In this question, I refer to two separate games. The first is a game where you roll and accumulate your score until a six appears:
You play a game using a standard six-sided die. You start with 0
points. Before every roll, you decide whether you want to continue the
game or end it and keep your points. After each roll, if you rolled 6,
then you lose everything and the game ends. Otherwise, add the score
from the die to your total points and continue/stop the game. When
should one stop playing this game?
The other is a game which I asked before, where you roll and accumulate your score until a repeat appears:
I keep rolling a die, and my score is the sum of all my rolls.
However, if I roll a value I had rolled before, I lose all. What is
the optimal strategy?
From what I gather in the first link, the greedy approach in the accepted answer is not technically correct since the calculated gain does not account for future rolls, although for some reason it is optimal. In the second link (the question I asked), I did not account for future rolls which hindered my analysis of when to stop (I am yet to figure out what the answerer means by "beating" the minimum sum of $1+2+3=6$. I am quite confused by these concepts, and therefore have two questions:
1) Sadly this is a repeat of one part the question I asked before — what exactly is meant by long-term gain of future rolls and how do you calculate it? Is it through some recursive probability calculation that accounts for our decision after each roll? Do we let the number of rolls tend to infinity?
2) More importantly, when is a greedy approach optimal, and how do we prove it? For the first link, I don’t really understand it (despite the thorough debate about it).
Thanks!
Best Answer
You don't need to account for future rolls, because of monotonicity of the games. As the game progresses, the gains don't increase and risks go higher. Also, in all states there exists at least non-decreasing strategy (to stop the game). That is why you can draw a graph of all states in the game and assign a number of immediate gain to each node and be sure that a node with a negative immediate gain cannot lead to node with positive immediate gain. So your strategy is just to end the game when the immediate gain is negative (because you can't lose a little at first and then gain more in the future rolls).
First game
The game has only one variable as a state — the number of points $p$. So the strategy $S$ can depend only on $p$. Next thing, if there is strategy $S_X$ that tells you to keep playing when you have $X$ points $S_X(X)=1$, then the strategy $$\tilde S_X(p) = \begin{cases}1 & p\le X \\ S_X(p) & p>X\end{cases}$$ will give you at least the same number of points in average.
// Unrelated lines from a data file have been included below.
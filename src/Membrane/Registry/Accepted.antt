-- ===== src/Membrane/Registry/Accepted.antt =====
-- What a provider table that is accepted is like.
use kagura_agent.Prelude.{
  String, ◌≡◌, ◌≢◌, refl, sym, ap, subst, Bool, true, false, not, Option, none, some, List, [], ◌∷◌,
  ◌==◌, eq_iff, Bool-cases, Option-cases, if◌then◌else◌, ◌⊎◌, inl, inr, ok, raised, bind_rule,
  ok_inj, All, arith,
}
use kagura_agent.Prelude.Text.{codes, strip, is_empty, member}
use kagura_agent.Prelude.Dict
use kagura_agent.Prelude.Dict.{Dict}
use kagura_agent.Membrane.Registry.{
  Value, null, text, boolean, other, ValueError, empty_name, invalid_name, no_table, missing_field,
  empty_field, bad_consent, SecretRef, FieldSchema, kind_schema, bare_secret_denylist,
  is_provider_name, is_env_name, Table, present_suffix_field, ProviderSpec, secret_names, allowed,
  check, check_key, copy_fields, all_present, is_blank, none_blank, consent_ok, reference_ok,
  check_present, check_secrets, parse_as, parse_kind, parse_one, parse_registry,
}
use Prim.Native.String.{◌++◌ as append}

-- The entries of a table but its kind.
abbrev pub without_kind : Table → Table
without_kind [] = []
without_kind ((k, v) ∷ t) = let rest = without_kind t in if k == "kind" then rest else (k, v) ∷ rest

-- The field is one of the kind's, and it is not the bare name of a secret.
pub record IsField (schema : FieldSchema) (key : String) : Type 0 where
  pub in_schema : member key (allowed schema) ≡ true
  pub not_secret : member key (secret_names schema.secrets) ≡ false
  pub not_listed : member key bare_secret_denylist ≡ false

-- A reference: the name of an environment variable, or else a text that is not blank.
abbrev pub IsReference : String → Option Value → Type 0
IsReference suf v =
    (s : String) × (v ≡ some (text s))
    × (((suf ≡ "_env") × (is_env_name (codes s) ≡ true))
        ⊎ ((suf ≢ "_env") × (is_empty (strip s) ≡ false)))

-- An optional secret may be absent; otherwise exactly one of its suffixes is used, for a reference.
abbrev pub IsReferenced : Table → SecretRef → Type 0
IsReferenced fields ref =
    ((present_suffix_field ref fields ≡ []) × (ref.required ≡ false))
    ⊎ ((suf : String) × (present_suffix_field ref fields ≡ suf ∷ [])
        × IsReference suf (Dict.get fields (append ref.name suf)))

pub record IsReferenceOnly (table : Table) (spec : ProviderSpec) : Type 0 where
  pub schema : FieldSchema
  pub kind_is : Dict.get table "kind" ≡ some (text spec.kind)
  pub known : kind_schema spec.kind ≡ some schema
  pub fields_are : spec.fields ≡ without_kind table
  pub named : is_provider_name (codes spec.name) ≡ true
  pub keys : All (λ e. IsField schema e.0) spec.fields
  pub filled : All (λ k. is_blank (Dict.get spec.fields k) ≡ false) schema.required
  pub consented : consent_ok (Dict.get spec.fields "standing_secret") ≡ true
  pub referenced : All (IsReferenced spec.fields) schema.secrets

check-true : (b : Bool) (e : ValueError) {u : Unit} → check b e ≡ ok u → b ≡ true
unfolding check
check-true true e h = refl
check-true false e h = absurd (cc h)

check_key-IsField :
    (schema : FieldSchema) (key : String) {u : Unit}
    → check_key schema key ≡ ok u
    → IsField schema key
unfolding check_key
check_key-IsField schema key h = elim (Bool-cases (member key (secret_names schema.secrets))) [
  | inl a ↦ absurd (ground (arith, h, a))
  | inr a ↦ elim (Bool-cases (member key bare_secret_denylist)) [
    | inl b ↦ absurd (ground (arith, h, a, b))
    | inr b ↦ elim (Bool-cases (member key (allowed schema))) [
      | inr d ↦ absurd (ground (arith, h, a, b, d))
      | inl d ↦ record { in_schema = d; not_secret = a; not_listed = b }
    ]
  ]
]

module _ (schema : FieldSchema) where
  copy_fields_lem :
      (table fields : Table)
      → copy_fields schema table ≡ ok fields
      → (fields ≡ without_kind table) × All (λ e. IsField schema e.0) fields
  unfolding copy_fields
  copy_fields_lem [] fields h =
      subst (λ x. (x ≡ []) × All (λ e. IsField schema e.0) x) (ok_inj h) (refl, tt)
  copy_fields_lem ((k, v) ∷ table) fields h = elim (Bool-cases (k == "kind")) [
    | inl e ↦ rw e (copy_fields_lem table fields (simp e at h))
    | inr e ↦
        bind_rule (check_key schema k) _
          (λ _ field g.
            bind_rule (copy_fields schema table) _
              (λ d done f.
                let (same, fit) = copy_fields_lem table d done in
                rw e (
                  subst (λ x. (x ≡ (k, v) ∷ without_kind table) × All (λ e. IsField schema e.0) x)
                    (ok_inj f)
                    (ap (λ t. (k, v) ∷ t) same, (check_key-IsField schema k field, fit))))
              g)
          (simp e at h)
  ]

none_blank_lem :
    (ks : List String) (fields : Table)
    → none_blank ks fields ≡ true
    → All (λ k. is_blank (Dict.get fields k) ≡ false) ks
unfolding none_blank
none_blank_lem [] fields h = tt
none_blank_lem (k ∷ ks) fields h = (ground (arith, h), none_blank_lem ks fields (ground (arith, h)))

reference_ok_lem : (suf : String) (v : Option Value) → reference_ok suf v ≡ true → IsReference suf v
unfolding reference_ok
reference_ok_lem suf (some (text s)) h = elim (Bool-cases (suf == "_env")) [
  | inl e ↦ (s, refl, inl ((eq_iff suf "_env").0 e, ground (arith, e, h)))
  | inr e ↦
      (s, refl, inr (λ same. ground (arith, e, (eq_iff suf "_env").1 same), ground (arith, e, h)))
]
reference_ok_lem suf none h = absurd (cc h)
reference_ok_lem suf (some null) h = absurd (cc h)
reference_ok_lem suf (some (boolean b)) h = absurd (cc h)
reference_ok_lem suf (some (other t)) h = absurd (cc h)

check_present_lem :
    (ref : SecretRef) (fields : Table) (found : List String) {u : Unit}
    → check_present ref fields found ≡ ok u
    → ((found ≡ []) × (ref.required ≡ false))
      ⊎ ((suf : String) × (found ≡ suf ∷ [])
          × IsReference suf (Dict.get fields (append ref.name suf)))
unfolding check_present
check_present_lem ref fields [] h =
    let r : not ref.required ≡ true = check-true _ _ h in inl (refl, ground (arith, r))
check_present_lem ref fields (suf ∷ []) h =
    inr (suf, refl, reference_ok_lem suf _ (check-true _ _ h))
check_present_lem ref fields (_ ∷ _ ∷ _) h = absurd (cc h)

check_secrets_lem :
    (refs : List SecretRef) (fields : Table) {u : Unit}
    → check_secrets refs fields ≡ ok u
    → All (IsReferenced fields) refs
unfolding check_secrets
check_secrets_lem [] fields h = tt
check_secrets_lem (ref ∷ refs) fields h =
    bind_rule (check_present ref fields (present_suffix_field ref fields)) _
      (λ _ a b. (check_present_lem ref fields _ a, check_secrets_lem refs fields b)) h

module _ (schema : FieldSchema) (name kind : String) (table : Table) where
  parse_as-IsReferenceOnly :
      (spec : ProviderSpec)
      → is_provider_name (codes name) ≡ true
      → Dict.get table "kind" ≡ some (text kind)
      → kind_schema kind ≡ some schema
      → parse_as schema name kind table ≡ ok spec
      → (spec.name ≡ name) × IsReferenceOnly table spec
  unfolding parse_as
  parse_as-IsReferenceOnly spec named is_kind known =
      bind_rule (copy_fields schema table) _ λ fields copied.
        bind_rule (check (all_present schema.required fields) missing_field) _ λ _ _.
          bind_rule (check (none_blank schema.required fields) empty_field) _ λ _ filled.
            bind_rule (check (consent_ok (Dict.get fields "standing_secret")) bad_consent) _
              λ _ consent. bind_rule (check_secrets schema.secrets fields) _ λ _ secrets done.
                let (same, keys) = copy_fields_lem schema table fields copied in
                subst (λ x. (x.name ≡ name) × IsReferenceOnly table x) (ok_inj done)
                  (
                    refl,
                    record {
                      schema = schema;
                      kind_is = is_kind;
                      known = known;
                      fields_are = same;
                      named = named;
                      keys = keys;
                      filled = none_blank_lem schema.required fields (check-true _ _ filled);
                      consented = check-true _ _ consent;
                      referenced = check_secrets_lem schema.secrets fields secrets;
                    },
                  )

parse_kind-IsReferenceOnly :
    (name : String) (table : Table) (kind : Option Value) (spec : ProviderSpec)
    → is_provider_name (codes name) ≡ true
    → Dict.get table "kind" ≡ kind
    → parse_kind name table kind ≡ ok spec
    → (spec.name ≡ name) × IsReferenceOnly table spec
unfolding parse_kind
parse_kind-IsReferenceOnly name table none spec named found done = absurd (cc done)
parse_kind-IsReferenceOnly name table (some null) spec named found done = absurd (cc done)
parse_kind-IsReferenceOnly name table (some (boolean b)) spec named found done = absurd (cc done)
parse_kind-IsReferenceOnly name table (some (other t)) spec named found done = absurd (cc done)
parse_kind-IsReferenceOnly name table (some (text kind)) spec named found done =
    elim (Option-cases (kind_schema kind)) [
      | inl e ↦ absurd (cc (simp (e, parse_kind) at done))
      | inr (schema, e) ↦
          parse_as-IsReferenceOnly schema name kind table spec named found e
            (simp (e, parse_kind) at done)
    ]

parse_one-IsReferenceOnly :
    (name : String) (t : Option Table) (spec : ProviderSpec)
    → parse_one name t ≡ ok spec
    → (spec.name ≡ name) × ((table : Table) × (t ≡ some table) × IsReferenceOnly table spec)
unfolding parse_one
parse_one-IsReferenceOnly name t spec =
    bind_rule (check (not (is_empty (strip name))) empty_name) _ λ _ _.
      bind_rule (check (is_provider_name (codes name)) invalid_name) _
        λ _ named done. of_table t (check-true _ _ named) done
  where
    of_table :
        (t : Option Table)
        → is_provider_name (codes name) ≡ true
        → (elim t [ none ↦ raised no_table | some t ↦ parse_kind name t (Dict.get t "kind") ])
          ≡ ok spec
        → (spec.name ≡ name) × ((table : Table) × (t ≡ some table) × IsReferenceOnly table spec)
    of_table none named done = absurd (cc done)
    of_table (some table) named done =
        let (same, fine) = parse_kind-IsReferenceOnly name table _ spec named refl done in
        (same, (table, refl, fine))

-- Each provider's table gave its spec, in the order of the tables.
abbrev pub Accepted : Dict (Option Table) → List ProviderSpec → Type 0
Accepted [] specs = specs ≡ []
Accepted ((name, t) ∷ rest) specs =
    (spec : ProviderSpec) × (others : List ProviderSpec) × (specs ≡ spec ∷ others)
    × (spec.name ≡ name)
    × ((table : Table) × (t ≡ some table) × IsReferenceOnly table spec)
    × Accepted rest others

-- If a registry is accepted, every provider's table gave one spec, in order and under its name, with
-- the table's kind, which is known, and the table's own fields but the kind. Each of them is a field
-- of that kind and no bare secret; the required ones are there and not blank; consent to a standing
-- secret is a Boolean; and each secret, if it is required or set, is set by exactly one of its
-- suffixes, to the name of an environment variable or to a text that is not blank.
pub parse_registry-Accepted :
    (providers : Dict (Option Table)) (specs : List ProviderSpec)
    → parse_registry providers ≡ ok specs
    → Accepted providers specs
unfolding parse_registry
parse_registry-Accepted [] specs h = sym (ok_inj h)
parse_registry-Accepted ((name, t) ∷ rest) specs h =
    bind_rule (parse_one name t) _
      (λ spec one g.
        bind_rule (parse_registry rest) _
          (λ others all f.
            let (named, fine) = parse_one-IsReferenceOnly name t spec one in
            (spec, others, sym (ok_inj f), named, fine, parse_registry-Accepted rest others all))
          g)
      h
If $S_Y(Y)=0$, then the same true for: $$ \tilde S_Y(p) = \begin{cases}S_Y(p) & p< Y \\ 0 & p\ge Y\end{cases} $$
That means that the optimal strategy is just a critical number $P$, so $S(p)=1$ if $p\le P$ and $S(p)=0$ if $p>P$. The question is how to find $P$. Let's compare two strategies with $P_1=P$ and $P_2=P+1$. They tell you to do the same thing except for the moment when you have $p=P+1$ points. The first strategy will tell you to stop, the second one tells you to roll dice one more time and then stop (because you will gain at least 1 point, and $p+1=P+2>P+1$).
The expectation of the first strategy is $E_1=P+1$ points. Expectation of the second strategy is $E_2=5(P+1)/6 + (1+2+3+4+5)/6=5P/6+20/6$. So if $P<15$, then $E_1<E_2$. If $P>15$, then $E_1>E_2$. And if $P=15$, then $E_1=E_2$. Thus, there are two optimal pure strategies with $P=15$ and $P=16$ and everything else is worse.
Second game It's the other story because now the state depends on what numbers $S_k=\{i_1,\ldots i_k\}$ were rolled before. (But we don't need to add the dependence on $p$ explicilty, since $p=\sum S_k = i_1+\ldots+i_k$
First thought: if strategy tells you to stop, when set $S_k$ was rolled, then you should also stop with set $\tilde S_k: \sum\tilde S_k > \sum S_k$. It's because you risk more $\frac k6\tilde p > \frac k6 p$, but gain less $\frac{6-k}6(21-\tilde p) < \frac{6-k}6(21-p)$.
That is why we need to check the “minimum sum” for each $k$ to see at what $k$ you should totally stop. Analysis of $S_3=\{1,2,3\}$ shows that you should always stop at $k=3$. And then you analysis of 2 throws is perfectly valid.